Царит безмолвье, мысли удручая…

У матери — всегдашняя мигрень.

И лампа бледная горит, скучая,

И силы нет дремоты превозмочь, —

Скорей бы сон бесчувственный и ночь.

XXXI

Вдруг настежь дверь, — и дрогнул воздух сонный,

И старший брат с улыбкой на устах

Вошел и, нашей скукой изумленный,

Тотчас притих; румянец на щеках

Еще горит, морозом оживленный,

Пылинки снега тают в волосах:

Он с улицы принес душистый холод,

Глаза блестят, — он радостен и молод.

XXXII

Отец спросил: «Откуда?» — «Из суда, —

Присяжные Засулич оправдали!»

«Как? ту, что в Трепова стреляла?» — «Да». —

«Не может быть!..» — «Такой восторг был в зале,

Какого не бывало никогда:

Мы полную победу одержали!»

Отец сердито молвил: «Что за вздор!»

И вспыхнул вдруг ожесточенный спор.

XXXIII

И шепотом беспомощных молений

Напрасно мама хочет их унять:

То спор был вечный, распря поколений, —

Не уступают оба ни на пядь,

Не слушают друг друга: «Убеждений

Вы права не имеете стеснять!» —

Кричит студент; они вскочили оба, —

В очах старинная слепая злоба.

XXXIV

«Наука доказала…» — «Чушь и гниль —

Твоя наука… Вечные основы

Религии…» — «Основы ваши — гниль!

Пред истиною все они готовы

Рассыпаться, как мертвый прах и пыль…

Нам Спенсер дал для жизни принцип новый!» —

«А Бог?..» — «Нет Бога!» — «Спенсер твой —

дурак!»

Дошли до Бога, — это скверный знак.

ХХХV

Теперь конец уж ясен бедной маме, —

Ей скажет муж: «Во всем — твоя вина.

Детей избаловала!» В этой драме

Немою жертвой быть обречена,

Печальными и кроткими глазами,

Беспомощного ужаса полна,

Глядит на них и вся мольбою дышит:

Никто ее не видит и не слышит.

XXXVI

«Прочь, негодяй, из дома моего!..» —

Кричит отец, бледнея. «Ради Бога,

Не будь к нему жесток, прости его,

Ну, хоть меня ты пожалей немного!» —

«Нет, не просите, мама, — ничего —

Не надо! — Костя ей кричит с порога, —

Я рад уйти: мне воля дорога,

Не будет больше здесь моя нога!

XXXVII

Вам оскорблять себя я не позволю…»

И он дверями хлопнул.

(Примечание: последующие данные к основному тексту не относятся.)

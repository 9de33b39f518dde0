-- ===== src/Packages/Registry.antt =====
-- src/plaik_core/packages.py, `PackageRegistry`: the registry file and the operations on it.
pub mod Lookups
pub mod Together
pub mod Steps
pub mod Preservation
pub mod Protection
pub mod Enabling
use plaik.Prelude.{
  ℕ, String, Bool, true, false, ◌||◌, ◌&&◌, not, Option, none, some, List, [], ◌∷◌, ◌==◌, string_eq,
  if◌then◌else◌,
}
use plaik.Prelude.Dict.{Dict, lookup, insert, delete, values}
use plaik.Prelude.Items.{sort_items}
use plaik.Prelude.Results.{Result, ok, err, guard, ◌>>=◌, ◌>>◌, Method}
use plaik.Prelude.Sets.{has, each}
use plaik.Packages.Manifest.{PackageDependency, PackageManifest, version_matches}
use plaik.Packages.Dependencies.{
  ResolutionError, Packages, is_member, resolve_install_order, resolve_capabilities,
}

pub data PackageLifecycleError : Type 0 where
  invalid_registry invalid_identity reserved_id already_installed not_installed :
      PackageLifecycleError
  dependency_not_enabled incompatible_version enabled_dependents : PackageLifecycleError
  installed_dependents protected_package still_enabled : PackageLifecycleError
  unresolved missing_capabilities : ResolutionError → PackageLifecycleError

pub data PackageStatus : Type 0 where
  installed enabled disabled : PackageStatus

abbrev pub is_enabled : PackageStatus → Bool
is_enabled enabled = true
is_enabled installed = false
is_enabled disabled = false

pub record PackageRecord : Type 0 where
  pub manifest : PackageManifest
  pub status : PackageStatus

abbrev pub Records : Type 0
Records = Dict String PackageRecord

-- A record as it is stored: an old registry may have keys in its manifest that are dropped.
pub record StoredRecord : Type 0 where
  pub has_legacy_keys : Bool
  pub kept : PackageRecord

pub data RegistryFile : Type 0 where
  absent malformed : RegistryFile
  document : Dict String StoredRecord → RegistryFile

pub record PackageRegistry : Type 0 where
  pub core_version : String
  pub protected_ids : List String
  pub file : RegistryFile

-- `_legacy_record_payload`, over the records.
unfoldable pub cleaned : Dict String StoredRecord → Records
cleaned [] = []
cleaned ((k, s) ∷ d) = (k, s.kept) ∷ cleaned d

unfoldable pub check_record : String × PackageRecord → Result PackageLifecycleError (Unit {0})
check_record (k, r) = guard (k == r.manifest.id) invalid_identity

-- `_parse_registry_document`
unfoldable pub parse : RegistryFile → Result PackageLifecycleError Records
unfolding cleaned check_record
parse absent = ok []
parse malformed = err invalid_registry
parse (document d) = do each check_record (cleaned d); ok (cleaned d)

-- `_registry_payload_has_legacy_keys`
unfoldable pub any_legacy : Dict String StoredRecord → Bool
any_legacy [] = false
any_legacy ((k, s) ∷ d) = s.has_legacy_keys || any_legacy d

unfoldable pub has_legacy : RegistryFile → Bool
unfolding any_legacy
has_legacy absent = false
has_legacy malformed = false
has_legacy (document d) = any_legacy d

unfoldable pub stored : Records → Dict String StoredRecord
stored [] = []
stored ((k, r) ∷ m) = (k, record { has_legacy_keys = false; kept = r }) ∷ stored m

-- `_write` of `canonical_registry_document`
unfoldable pub write : Records → RegistryFile
unfolding stored
write m = document (stored (sort_items m))

-- What an operation does under the lock: its result, and the records that it writes, if it writes.
abbrev pub Change : Type 0 → Type 0
Change A = Result PackageLifecycleError (A × Option Records)

abbrev pub commit : {A : Type 0} → Change A → Method PackageLifecycleError PackageRegistry A
commit (err e) q = (err e, q)
commit (ok (a, none)) q = (ok a, q)
commit (ok (a, some m)) q = (ok a, record q { file = write m })

-- `with self._mutation_lock(): records = self.records(); ...`
unfoldable pub transact :
    {A : Type 0}
    → (PackageRegistry → Records → Change A)
    → Method PackageLifecycleError PackageRegistry A
unfolding parse write
transact body q = commit (parse q.file >>= body q) q

abbrev pub reserved_package_ids : List String
reserved_package_ids = "system-fallback" ∷ []

unfoldable pub any_reserved : List PackageManifest → Bool
any_reserved [] = false
any_reserved (m ∷ ms) = has m.id reserved_package_ids || any_reserved ms

unfoldable pub any_installed : Records → List PackageManifest → Bool
any_installed records [] = false
any_installed records (m ∷ ms) = is_member m.id records || any_installed records ms

unfoldable pub manifests_of : Records → Packages
manifests_of [] = []
manifests_of ((k, r) ∷ m) = (k, r.manifest) ∷ manifests_of m

abbrev pub new_record : PackageManifest → PackageRecord
new_record m = record { manifest = m; status = installed }

-- The loop over the resolved order: the records created, and all records.
unfoldable pub create : List PackageManifest → Records → List PackageRecord × Records
create [] records = ([], records)
create (m ∷ ms) records =
    let rest = create ms (insert m.id (new_record m) records) in (new_record m ∷ rest.0, rest.1)

abbrev pub as_unresolved : {A : Type 0} → Result ResolutionError A → Result PackageLifecycleError A
as_unresolved (ok a) = ok a
as_unresolved (err e) = err (unresolved e)

abbrev pub as_missing : {A : Type 0} → Result ResolutionError A → Result PackageLifecycleError A
as_missing (ok a) = ok a
as_missing (err e) = err (missing_capabilities e)

-- `_require`
unfoldable pub require : Records → String → Result PackageLifecycleError PackageRecord
require records k = elim (lookup k records) [ none ↦ err not_installed | some r ↦ ok r ]

-- The manifest needs the package.
unfoldable pub needs : String → List PackageDependency → Bool
needs k [] = false
needs k (d ∷ ds) = (d.package_id == k && not d.optional) || needs k ds

-- `_required_dependents`
unfoldable pub required_dependents : String → Bool → Records → List String
unfolding needs
required_dependents k enabled_only [] = []
required_dependents k enabled_only ((j, r) ∷ m) =
    let rest = required_dependents k enabled_only m in
    if enabled_only && not (is_enabled r.status)
    then rest
    else if needs k r.manifest.dependencies
    then j ∷ rest
    else rest

abbrev pub is_empty : List String → Bool
is_empty [] = true
is_empty (x ∷ xs) = false

-- `{other_id: other.manifest for ... if enabled or other_id == package_id}`
unfoldable pub enabled_with : String → Records → List PackageManifest
enabled_with k [] = []
enabled_with k ((j, r) ∷ m) =
    let rest = enabled_with k m in if is_enabled r.status || j == k then r.manifest ∷ rest else rest

-- `{other_id: other.manifest for ... if enabled and other_id != package_id}`
unfoldable pub enabled_without : String → Records → List PackageManifest
enabled_without k [] = []
enabled_without k ((j, r) ∷ m) =
    let rest = enabled_without k m in
    if is_enabled r.status && not (j == k) then r.manifest ∷ rest else rest

module _ (satisfies : String → String → Bool) where
  unfoldable pub install_change :
      List PackageManifest → PackageRegistry → Records → Change (List PackageRecord)
  unfolding any_reserved any_installed create manifests_of
  install_change manifests q records = do
    guard (not (any_reserved manifests)) reserved_id
    guard (not (any_installed records manifests)) already_installed
    order ←
        as_unresolved
          (resolve_install_order satisfies manifests q.core_version (manifests_of records))
    let r = create order records
    ok (r.0, some r.1)

  unfoldable pub check_enabled :
      Records → PackageDependency → Result PackageLifecycleError (Unit {0})
  check_enabled records d = if d.optional then ok tt else elim (lookup d.package_id records) [
    | none ↦ err dependency_not_enabled
    | some t ↦ do
      guard (is_enabled t.status) dependency_not_enabled
      guard (version_matches satisfies t.manifest.version d.version) incompatible_version
  ]

  unfoldable pub enable_change : String → PackageRegistry → Records → Change PackageRecord
  unfolding require check_enabled
  enable_change k q records = do
    r ← require records k
    each (check_enabled records) r.manifest.dependencies
    as_missing (resolve_capabilities satisfies (enabled_with k records))
    let updated = record r { status = enabled }
    ok (updated, some (insert k updated records))

  unfoldable pub disable_change : String → PackageRegistry → Records → Change PackageRecord
  unfolding require
  disable_change k q records = do
    r ← require records k
    guard (is_empty (required_dependents k true records)) enabled_dependents
    as_missing (resolve_capabilities satisfies (enabled_without k records))
    let updated = record r { status = disabled }
    ok (updated, some (insert k updated records))

unfoldable pub quarantine_change : String → PackageRegistry → Records → Change PackageRecord
unfolding require
quarantine_change k q records = do
  r ← require records k
  guard (not (has k q.protected_ids)) protected_package
  let updated = record r { status = disabled }
  ok (updated, some (insert k updated records))

unfoldable pub uninstall_change : String → PackageRegistry → Records → Change PackageRecord
unfolding require
uninstall_change k q records = do
  r ← require records k
  guard (not (has k q.protected_ids)) protected_package
  guard (not (is_enabled r.status)) still_enabled
  guard (is_empty (required_dependents k false records)) installed_dependents
  ok (r, some (delete k records))

unfoldable pub cleanup_change : PackageRegistry → Records → Change Bool
unfolding has_legacy
cleanup_change q records = if has_legacy q.file then ok (true, some records) else ok (false, none)

module _ (satisfies : String → String → Bool) where
  unfoldable pub install_many :
      List PackageManifest → Method PackageLifecycleError PackageRegistry (List PackageRecord)
  unfolding transact
  install_many manifests = transact (install_change satisfies manifests)

  unfoldable pub enable : String → Method PackageLifecycleError PackageRegistry PackageRecord
  unfolding transact
  enable k = transact (enable_change satisfies k)

  unfoldable pub disable : String → Method PackageLifecycleError PackageRegistry PackageRecord
  unfolding transact
  disable k = transact (disable_change satisfies k)

unfoldable pub quarantine : String → Method PackageLifecycleError PackageRegistry PackageRecord
unfolding transact
quarantine k = transact (quarantine_change k)

unfoldable pub uninstall : String → Method PackageLifecycleError PackageRegistry PackageRecord
unfolding transact
uninstall k = transact (uninstall_change k)

unfoldable pub persist_legacy_cleanup : Method PackageLifecycleError PackageRegistry Bool
unfolding transact
persist_legacy_cleanup = transact cleanup_change
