-- ===== src/Packages/Registry/Lookups.antt =====
-- src/plaik_core/packages.py: what the operations do to the record of an id.
use plaik.Prelude.{
  ◌≡◌, refl, ap, String, Bool, true, false, ◌||◌, ◌&&◌, not, Option, none, some, List, [], ◌∷◌,
  arith, ◌==◌, string_eq, eq_iff, All, inl, inr, Option-cases,
}
use plaik.Prelude.Dict.{lookup, insert, lookup-insert, Every, Every-insert}
use plaik.Prelude.Items.{sort_items}
use plaik.Prelude.Results.{ok}
use plaik.Prelude.Sets.{has, Unique, each}
use plaik.Packages.Manifest.{PackageDependency, PackageManifest}
use plaik.Packages.Dependencies.Precedence.{ids}
use plaik.Packages.Dependencies.Graph.{find}
use plaik.Packages.Dependencies.Resolution.{IsInstallOrder}
use plaik.Packages.Registry.{
  is_enabled, PackageRecord, Records, cleaned, check_record, stored, parse, write, manifests_of,
  new_record, create, any_installed, needs, required_dependents, is_empty,
}

abbrev pub manifest_of : Option PackageRecord → Option PackageManifest
manifest_of none = none
manifest_of (some r) = some r.manifest

abbrev pub created_or : Option PackageManifest → Option PackageRecord → Option PackageRecord
created_or none o = o
created_or (some m) o = some (new_record m)

pub lookup-manifests_of :
    (k : String) (m : Records) → lookup k (manifests_of m) ≡ manifest_of (lookup k m)
unfolding lookup manifests_of
lookup-manifests_of k [] = refl
lookup-manifests_of k ((j, r) ∷ m) = ground (arith, lookup-manifests_of k m)

pub find-none : (k : String) (ms : List PackageManifest) → has k (ids ms) ≡ false → find k ms ≡ none
unfolding find has
find-none k [] h = refl
find-none k (m ∷ ms) h = ground (arith, h, find-none k ms)

pub has-find :
    (k : String) (ms : List PackageManifest) (m : PackageManifest)
    → find k ms ≡ some m
    → has k (ids ms) ≡ true
unfolding find has
has-find k [] m h = absurd (ground arith)
has-find k (n ∷ ms) m h = ground (arith, h, has-find k ms m)

pub lookup-create :
    (ms : List PackageManifest) (records : Records) (k : String)
    → Unique (ids ms)
    → lookup k (create ms records).1 ≡ created_or (find k ms) (lookup k records)
unfolding create find
lookup-create [] records k u = refl
lookup-create (m ∷ ms) records k u = ground (
  arith,
  lookup-create ms (insert m.id (new_record m) records) k u.1,
  lookup-insert m.id k (new_record m) records,
  eq_iff m.id k,
  find-none m.id ms u.0,
)

find-requested :
    (manifests : List PackageManifest) (k : String) (ms : List PackageManifest)
    (m : PackageManifest)
    → All (λ n. find n.id manifests ≡ some n) ms
    → find k ms ≡ some m
    → find k manifests ≡ some m
unfolding find
find-requested manifests k [] m a h = absurd (ground arith)
find-requested manifests k (n ∷ ms) m a h =
    ground (arith, a.0, eq_iff n.id k, find-requested manifests k ms m a.1)

find-absent : (k : String) (ms : List PackageManifest) → find k ms ≡ none → has k (ids ms) ≡ false
unfolding find has
find-absent k [] h = refl
find-absent k (m ∷ ms) h = ground (arith, h, find-absent k ms)

pub find-order :
    (manifests order : List PackageManifest) (k : String)
    → IsInstallOrder manifests order
    → find k order ≡ find k manifests
find-order manifests order k i = elim (Option-cases (find k order)) [
  | inr (m, e) ↦ ground (arith, e, find-requested manifests k order m i.requested e)
  | inl e ↦ elim (Option-cases (find k manifests)) [
    | inl f ↦ ground (arith, e, f)
    | inr (m, f) ↦ absurd (ground (arith, i.complete k m f, find-absent k order e))
  ]
]

pub any_installed-find :
    (records : Records) (ms : List PackageManifest) (k : String) (m : PackageManifest)
    → any_installed records ms ≡ false
    → find k ms ≡ some m
    → lookup k records ≡ none
unfolding any_installed find
any_installed-find records [] k m h e = absurd (ground arith)
any_installed-find records (n ∷ ms) k m h e =
    ground (arith, h, e, eq_iff n.id k, any_installed-find records ms k m)

-- A record that is no required dependent needs the package at most as an option.
pub required_dependents-needs :
    (k : String) (enabled_only : Bool) (m : Records) (j : String) (r : PackageRecord)
    → is_empty (required_dependents k enabled_only m) ≡ true
    → lookup j m ≡ some r
    → (enabled_only && not (is_enabled r.status)) ≡ false
    → needs k r.manifest.dependencies ≡ false
unfolding required_dependents lookup
required_dependents-needs k enabled_only [] j r h e f = absurd (ground arith)
required_dependents-needs k enabled_only ((i, s) ∷ m) j r h e f =
    ground (arith, h, e, f, required_dependents-needs k enabled_only m j r)

pub needs-All :
    (k : String) (ds : List PackageDependency)
    → needs k ds ≡ false
    → All (λ d. (not (d.package_id == k) || d.optional) ≡ true) ds
unfolding needs
needs-All k [] h = tt
needs-All k (d ∷ ds) h = (ground (arith, h), needs-All k ds (ground (arith, h)))

-- Every record stands under its own id.
abbrev pub Keyed : String → PackageRecord → Type 0
Keyed k r = k ≡ r.manifest.id

pub check_record-Keyed : (m : Records) → each check_record m ≡ ok tt → Every Keyed m
unfolding each check_record
check_record-Keyed [] h = tt
check_record-Keyed ((k, r) ∷ m) h =
    (ground (arith, h, eq_iff k r.manifest.id), check_record-Keyed m (ground (arith, h)))

Keyed-check_record : (m : Records) → Every Keyed m → each check_record m ≡ ok tt
unfolding each check_record
Keyed-check_record [] h = refl
Keyed-check_record ((k, r) ∷ m) h =
    ground (arith, h.0, eq_iff k r.manifest.id, Keyed-check_record m h.1)

cleaned-stored : (m : Records) → cleaned (stored m) ≡ m
unfolding cleaned stored
cleaned-stored [] = refl
cleaned-stored ((k, r) ∷ m) = ap (λ (rest : Records). (k, r) ∷ rest) (cleaned-stored m)

-- What was written is read back, in the order of the ids.
pub parse-write : (m : Records) → Every Keyed (sort_items m) → parse (write m) ≡ ok (sort_items m)
unfolding parse write
parse-write m h = rw (cleaned-stored (sort_items m), Keyed-check_record (sort_items m) h)

pub create-Keyed :
    (ms : List PackageManifest) (records : Records)
    → Every Keyed records
    → Every Keyed (create ms records).1
unfolding create
create-Keyed [] records h = h
create-Keyed (m ∷ ms) records h =
    create-Keyed ms (insert m.id (new_record m) records)
      (Every-insert Keyed m.id (new_record m) records refl h)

Мать жалел,

Но думал я, что Костя выбрал долю

Завидную: как был он горд и смел!

И за героем я рвался на волю,

Я сам дрожал от злобы и горел:

Душа была смятением объята;

Я разделить хотел бы участь брата.

ХХХVIII

И долго я в ту ночь не мог уснуть:

Все чудились мне тихие рыданья;

Предчувствием беды сжималась грудь.

Я встал; лишь уличных огней мерцанье

По комнате мне озаряло путь,

Когда среди глубокого молчанья,

Как вор, прокравшись в темный длинный зал,

Я разговор из спальни услыхал:

XXXIX

«Он может повредить моей карьере…

Каков щенок, мальчишка, нигилист!» —

«Ну, денег дай ему по крайней мере:

Он вспыльчив, сердцем же он добр и чист…»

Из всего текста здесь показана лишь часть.